The Wave Ceptor series (stylized as WAVE CEPTOR or WaveCeptor) is a line of radio-controlled watches by Casio. Wave Ceptor watches synchronise with radio time signals broadcast by various government time services around the world. These signals transmit the time measured by atomic clocks accurate to one second in millions of years. By synchronizing daily with the signals, the Wave Ceptor watches achieve high accuracy, using a quartz crystal to keep time in the interim. Some radio watches, including some Wave Ceptors, are solar-powered, supported by a rechargeable battery. The watch displays may be fully digital, analog, or analog-digital. Hybrid Wave Ceptor models support GPS satellite reception of both time and location, in addition to broadcast signals.

Radio-controlled watches require no setting of time and date, or daylight saving time adjustments, as they attempt automatic synchronization several times every night. Without synchronisation, Wave Ceptors, like other commercial quartz timepieces, are typically accurate to ± 15 seconds per month; daily synchronization ensures 500 ms accuracy.

Most Wave Ceptor watches have a signal strength indicator which shows if the time signal is strong enough to correct the time set.
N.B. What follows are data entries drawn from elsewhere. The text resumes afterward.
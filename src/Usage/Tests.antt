-- ===== src/Usage/Tests.antt =====
-- The theorems about pkg/usage at concrete inputs.
use sandboxer.Prelude.{◌+◌, ◌-◌, ◌*◌, ◌≡◌, ◌≤◌, ◌<◌, refl, none, some, true, false, arith, ◌⊎◌}
use sandboxer.Usage.Number.{value, average, add, add64, product, div}
use sandboxer.Usage.Accumulate.{
  Counter, Gauge, Window, second, ok, observe_counter, observe_gauge, merge_window, raise_peak,
  convert,
}
use sandboxer.Usage.Counting.{IsCounter, observe_counter_exact, IsGauge, observe_gauge_lem}

-- A counter of 300 ticks a second that holds 100 ticks.
abbrev counter : Counter
counter = record {
  source = 7;
  known_total = record { hi = 0; lo = 333333333 };
  last_raw = 100;
  hertz = 300;
  remainder = 100;
  source_known = true;
  complete = true;
  status = ok;
}

abbrev counted : Counter
counted = record {
  source = 7;
  known_total = record { hi = 0; lo = 500000000 };
  last_raw = 150;
  hertz = 300;
  remainder = 0;
  source_known = true;
  complete = true;
  status = ok;
}

counter-IsCounter : IsCounter counter
counter-IsCounter = record {
  total = (omega arith, omega arith);
  raw = omega arith;
  rest = omega arith;
}

observe_counter-counted : observe_counter 7 150 300 false counter ≡ (none, counted)
unfolding observe_counter convert product add div
observe_counter-counted = refl

observe_counter_exact_example :
    (value counted.known_total * counted.hertz + counted.remainder
      ≡ value counter.known_total * counter.hertz + counter.remainder + (150 - 100) * second)
    × (counter.last_raw ≤ 150)
    × (counted.last_raw ≡ 150)
    × (counted.hertz ≡ counter.hertz)
    × (counted.remainder < counter.hertz)
    × IsCounter counted
observe_counter_exact_example =
    observe_counter_exact 7 150 300 false counter counted counter-IsCounter (omega arith)
      (omega arith) refl refl observe_counter-counted

abbrev window : Window
window = record {
  area = record { hi = 0; lo = 5000 };
  span = 20;
  covered = 10;
  peak = 500;
  peak_at = 3;
  peak_known = true;
  samples = 2;
  max_read_window = 1;
}

abbrev later : Window
later = record {
  area = record { hi = 0; lo = 7000 };
  span = 30;
  covered = 10;
  peak = 700;
  peak_at = 40;
  peak_known = true;
  samples = 1;
  max_read_window = 4;
}

abbrev both : Window
both = record {
  area = record { hi = 0; lo = 12000 };
  span = 50;
  covered = 20;
  peak = 700;
  peak_at = 40;
  peak_known = true;
  samples = 3;
  max_read_window = 4;
}

merge_window-both : merge_window window later ≡ some both
unfolding merge_window add add64 raise_peak
merge_window-both = refl

average-six : average both.area both.covered ≡ some 600
unfolding average div
average-six = refl

abbrev gauge : Gauge
gauge = record {
  source = 7;
  integral_total = record { hi = 0; lo = 5000 };
  span_total = 20;
  covered_total = 10;
  last_value = 500;
  last_value_at = 20;
  last_at = 20;
  last_request = 2;
  position_known = true;
  value_known = true;
  continuous = true;
  status = ok;
  window = window;
}

gauge-IsGauge : IsGauge gauge
gauge-IsGauge = record {
  covered = omega arith;
  window_covered = omega arith;
  span = omega arith;
  window_span = omega arith;
  within = omega arith;
}

observe_gauge_lem_example :
    IsGauge (observe_gauge 7 3 30 600 ok 2 10 gauge).1
    × (((observe_gauge 7 3 30 600 ok 2 10 gauge).0 ≡ none)
        ⊎ ((observe_gauge 7 3 30 600 ok 2 10 gauge).1 ≡ gauge))
observe_gauge_lem_example = observe_gauge_lem 7 3 30 600 ok 2 10 gauge gauge-IsGauge
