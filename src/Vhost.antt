-- ===== src/Vhost.antt =====
-- pkg/vhost: the block backend of the guest. What a queue's worker meets outside of itself (guest
-- memory that the guest changes meanwhile, the population callback, the disk, the end of its
-- context) is a record of operations on a world; its functions are runs in that world.
pub mod Blk
pub mod Memory
pub mod Chain
pub mod Request
pub mod Queue
pub mod Laws
mod Tests
use sandboxer.Prelude.{ℕ, ◌≡◌, Option, none, some, List, Bool, true, false, if◌then◌else◌}

-- The errors, of which those marked by readretry.Terminal end the queue.
pub data Cause : Type 0 where
  canceled unbound overflow invalid_coverage not_loaded not_marked unmapped : Cause
  invalid_chain invalid_table missing_segment short_header misaligned short_ring : Cause
  source_failed no_turns : Cause

pub data Fault : Type 0 where
  terminal plain : Cause → Fault

pub data Result {ℓ} (A : Type ℓ) : Type ℓ where
  ok : A → Result A
  failed : Fault → Result A

abbrev pub Run : Type 0 → Type 0 → Type 0
Run W A = W → Result A × W

abbrev pub pure : {W A : Type 0} → A → Run W A
pure a w = (ok a, w)

abbrev pub fail : {W A : Type 0} → Fault → Run W A
fail e w = (failed e, w)

infixl 5 ◌>>=◌ ◌>>◌
abbrev pub ◌>>=◌ : {W A B : Type 0} → Run W A → (A → Run W B) → Run W B
◌>>=◌ {W} {A} {B} m f w = elim (m w).0 as (λ r. Result B × W) [
  | ok a ↦ f a (m w).1
  | failed e ↦ (failed e, (m w).1)
]

abbrev pub ◌>>◌ : {W B : Type 0} → Run W (Unit {0}) → Run W B → Run W B
m >> k = m >>= λ _. k

abbrev pub guard : {W : Type 0} → Bool → Fault → Run W (Unit {0})
guard b e w = if b then (ok tt, w) else (failed e, w)

-- An operation of the world as a run.
abbrev pub ask : {W A : Type 0} → (W → A × W) → Run W A
ask f w = (ok (f w).0, (f w).1)

-- How a backend fails: with a terminal error, with ErrReadOnly, with what completeReadCompatible
-- accepts, or otherwise.
pub data BackendError : Type 0 where
  ended read_only compatible broken : BackendError

-- A count is a Go int, kept as its 64-bit pattern. `bytes` is the buffer after the call.
pub record IoReply (W : Type 0) : Type 0 where
  pub count : ℕ
  pub bytes : List ℕ
  pub error : Option BackendError
  pub world : W

pub record World (W : Type 0) : Type 0 where
  -- Whether the context has ended, and whether the queue has been stopped.
  pub context_error : W → Bool × W
  pub stopped : W → Bool × W
  -- The callbacks of the memory table: whether they fail.
  pub ensure_loaded : ℕ → ℕ → W → Bool × W
  pub mark_dirty : ℕ → ℕ → W → Bool × W
  -- The memfd slab.
  pub load : ℕ → ℕ → W → List ℕ × W
  pub store : ℕ → List ℕ → W → W
  -- The disk; its size is an int64, kept as its 64-bit pattern.
  pub size : ℕ
  pub is_read_only : Bool
  pub supports_discard : Bool
  pub read_at : ℕ → ℕ → W → IoReply W
  pub write_at : List ℕ → ℕ → W → IoReply W
  pub flush : W → Bool × W
  pub discard : ℕ → ℕ → W → Bool × W
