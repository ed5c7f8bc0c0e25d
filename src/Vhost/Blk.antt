-- ===== src/Vhost/Blk.antt =====
-- pkg/vhost/blkreq.go: the request header and the configuration space of virtio-blk.
pub mod Layout
use sandboxer.Prelude.{
  ℕ, ◌+◌, List, [], ◌∷◌, ◌++◌, ltb, if◌then◌else◌, length, take, drop, replicate, Option, none,
  some,
}
use sandboxer.Prelude.LittleEndian.{le, le_at}

abbrev pub blk_type_in : ℕ
blk_type_in = 0

abbrev pub blk_type_out : ℕ
blk_type_out = 1

abbrev pub blk_type_flush : ℕ
blk_type_flush = 4

abbrev pub blk_type_discard : ℕ
blk_type_discard = 11

abbrev pub blk_status_ok : ℕ
blk_status_ok = 0

abbrev pub blk_status_io_err : ℕ
blk_status_io_err = 1

abbrev pub blk_status_unsupp : ℕ
blk_status_unsupp = 2

abbrev pub sector_size : ℕ
sector_size = 512

pub record BlkReqHeader : Type 0 where
  pub type : ℕ
  pub reserved : ℕ
  pub sector : ℕ

unfoldable pub parse_blk_req_header : List ℕ → Option BlkReqHeader
parse_blk_req_header b =
    if ltb (length b) 16
    then none
    else some (record { type = le_at 0 4 b; reserved = le_at 4 4 b; sector = le_at 8 8 b })

-- The fields that Marshal writes.
pub record BlkConfig : Type 0 where
  pub capacity : ℕ
  pub size_max : ℕ
  pub seg_max : ℕ
  pub cylinders : ℕ
  pub heads : ℕ
  pub sectors : ℕ
  pub blk_size : ℕ
  pub phys_blk_exp : ℕ
  pub align_offs : ℕ
  pub min_io_size : ℕ
  pub opt_io_size : ℕ
  pub writeback : ℕ
  pub unused0 : ℕ
  pub num_queues : ℕ
  pub max_disc_sec : ℕ
  pub max_disc_seg : ℕ
  pub disc_sec_aln : ℕ
  pub max_wr_z_sec : ℕ
  pub max_wr_z_seg : ℕ
  pub wr_zero_may_u : ℕ

abbrev pub blk_config_size : ℕ
blk_config_size = 60

-- Writing into a buffer at an index.
abbrev pub put : ℕ → List ℕ → List ℕ → List ℕ
put i bs xs = take i xs ++ bs ++ drop (i + length bs) xs

-- BlkConfig.Marshal.
unfoldable pub marshal : BlkConfig → List ℕ
marshal c =
    let b0 = replicate blk_config_size 0 in
    let b1 = put 0 (le 8 c.capacity) b0 in
    let b2 = put 8 (le 4 c.size_max) b1 in
    let b3 = put 12 (le 4 c.seg_max) b2 in
    let b4 = put 16 (le 2 c.cylinders) b3 in
    let b5 = put 18 (le 1 c.heads) b4 in
    let b6 = put 19 (le 1 c.sectors) b5 in
    let b7 = put 20 (le 4 c.blk_size) b6 in
    let b8 = put 24 (le 1 c.phys_blk_exp) b7 in
    let b9 = put 25 (le 1 c.align_offs) b8 in
    let b10 = put 26 (le 2 c.min_io_size) b9 in
    let b11 = put 28 (le 4 c.opt_io_size) b10 in
    let b12 = put 32 (le 1 c.writeback) b11 in
    let b13 = put 33 (le 1 c.unused0) b12 in
    let b14 = put 34 (le 2 c.num_queues) b13 in
    let b15 = put 36 (le 4 c.max_disc_sec) b14 in
    let b16 = put 40 (le 4 c.max_disc_seg) b15 in
    let b17 = put 44 (le 4 c.disc_sec_aln) b16 in
    let b18 = put 48 (le 4 c.max_wr_z_sec) b17 in
    let b19 = put 52 (le 4 c.max_wr_z_seg) b18 in put 56 (le 1 c.wr_zero_may_u) b19
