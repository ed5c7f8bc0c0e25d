-- ===== src/Vhost/Blk/Layout.antt =====
-- Where the fields of pkg/vhost/blkreq.go lie.
use sandboxer.Prelude.{ℕ, ◌^◌, ◌<◌, ◌≡◌, refl, some, List, ◌++◌, length, arith}
use sandboxer.Prelude.LittleEndian.{le, le_at, of_le-le}
use sandboxer.Vhost.Blk.{BlkReqHeader, parse_blk_req_header, BlkConfig, blk_config_size, marshal}

-- A driver that puts type, reserved word and sector one after the other, each little-endian, is
-- read back as it meant, whatever follows in the descriptor.
pub parse_blk_req_header-le :
    (h : BlkReqHeader) (rest : List ℕ)
    → h.type < 2 ^ 32
    → h.reserved < 2 ^ 32
    → h.sector < 2 ^ 64
    → parse_blk_req_header (le 4 h.type ++ le 4 h.reserved ++ le 8 h.sector ++ rest) ≡ some h
unfolding parse_blk_req_header
parse_blk_req_header-le h rest t r s =
    rw
      (
        of_le-le 4 h.type (omega (arith, t)),
        of_le-le 4 h.reserved (omega (arith, r)),
        of_le-le 8 h.sector (omega (arith, s)),
      )
      (ground arith)

-- The configuration space has 60 bytes, and a driver that reads it by the offsets of struct
-- virtio_blk_config finds the capacity, the block size, the number of queues and the limits on
-- discard that were put in.
pub marshal-le_at :
    (c : BlkConfig)
    → c.capacity < 2 ^ 64
    → c.blk_size < 2 ^ 32
    → c.num_queues < 2 ^ 16
    → c.max_disc_sec < 2 ^ 32
    → c.max_disc_seg < 2 ^ 32
    → c.disc_sec_aln < 2 ^ 32
    → (length (marshal c) ≡ blk_config_size)
      × (le_at 0 8 (marshal c) ≡ c.capacity)
      × (le_at 20 4 (marshal c) ≡ c.blk_size)
      × (le_at 34 2 (marshal c) ≡ c.num_queues)
      × (le_at 36 4 (marshal c) ≡ c.max_disc_sec)
      × (le_at 40 4 (marshal c) ≡ c.max_disc_seg)
      × (le_at 44 4 (marshal c) ≡ c.disc_sec_aln)
unfolding marshal
marshal-le_at c capacity blk_size num_queues max_disc_sec max_disc_seg disc_sec_aln = (
  refl,
  of_le-le 8 c.capacity (omega (arith, capacity)),
  of_le-le 4 c.blk_size (omega (arith, blk_size)),
  of_le-le 2 c.num_queues (omega (arith, num_queues)),
  of_le-le 4 c.max_disc_sec (omega (arith, max_disc_sec)),
  of_le-le 4 c.max_disc_seg (omega (arith, max_disc_seg)),
  of_le-le 4 c.disc_sec_aln (omega (arith, disc_sec_aln)),
)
The number of transmitters to which the watches can tune vary according to watch model; most watches can tune to any one of several time signal broadcasts around the world. In Europe, the stated reception range is approximately 1,500 kilometres.

Later Casio radio-controlled watches are branded as the basic Wave Ceptor and more expensive Lineage and Oceanus lines. More recent watches that connect to a smartphone with Bluetooth get Internet time from the phone, without requiring long-distance radio reception.

== Locations ==
Casio watches synchronise to radio time signals from one or more of six low frequency time signal transmitters. The 60kHz signals from different transmitters are not compatible with each other; a watch designed for WWVB only cannot receive MSF.

Japan

Watches can receive signals from two JJY transmitters:

The 40kHz signal from Mount Otakadoya, near Fukushima (Ohtakadoyayama).

The 60kHz signal from the Haganeyama Transmitter at Mount Hagane (Haganeyama).

China

Watches receive the 68kHz signal from BPC at Shangqiu.

United States

Watches receive the 60kHz signal from WWVB at Fort Collins.

Europe

Watches can receive either the 60kHz MSF at Anthorn or the 77.5kHz DCF77 at Mainflingen.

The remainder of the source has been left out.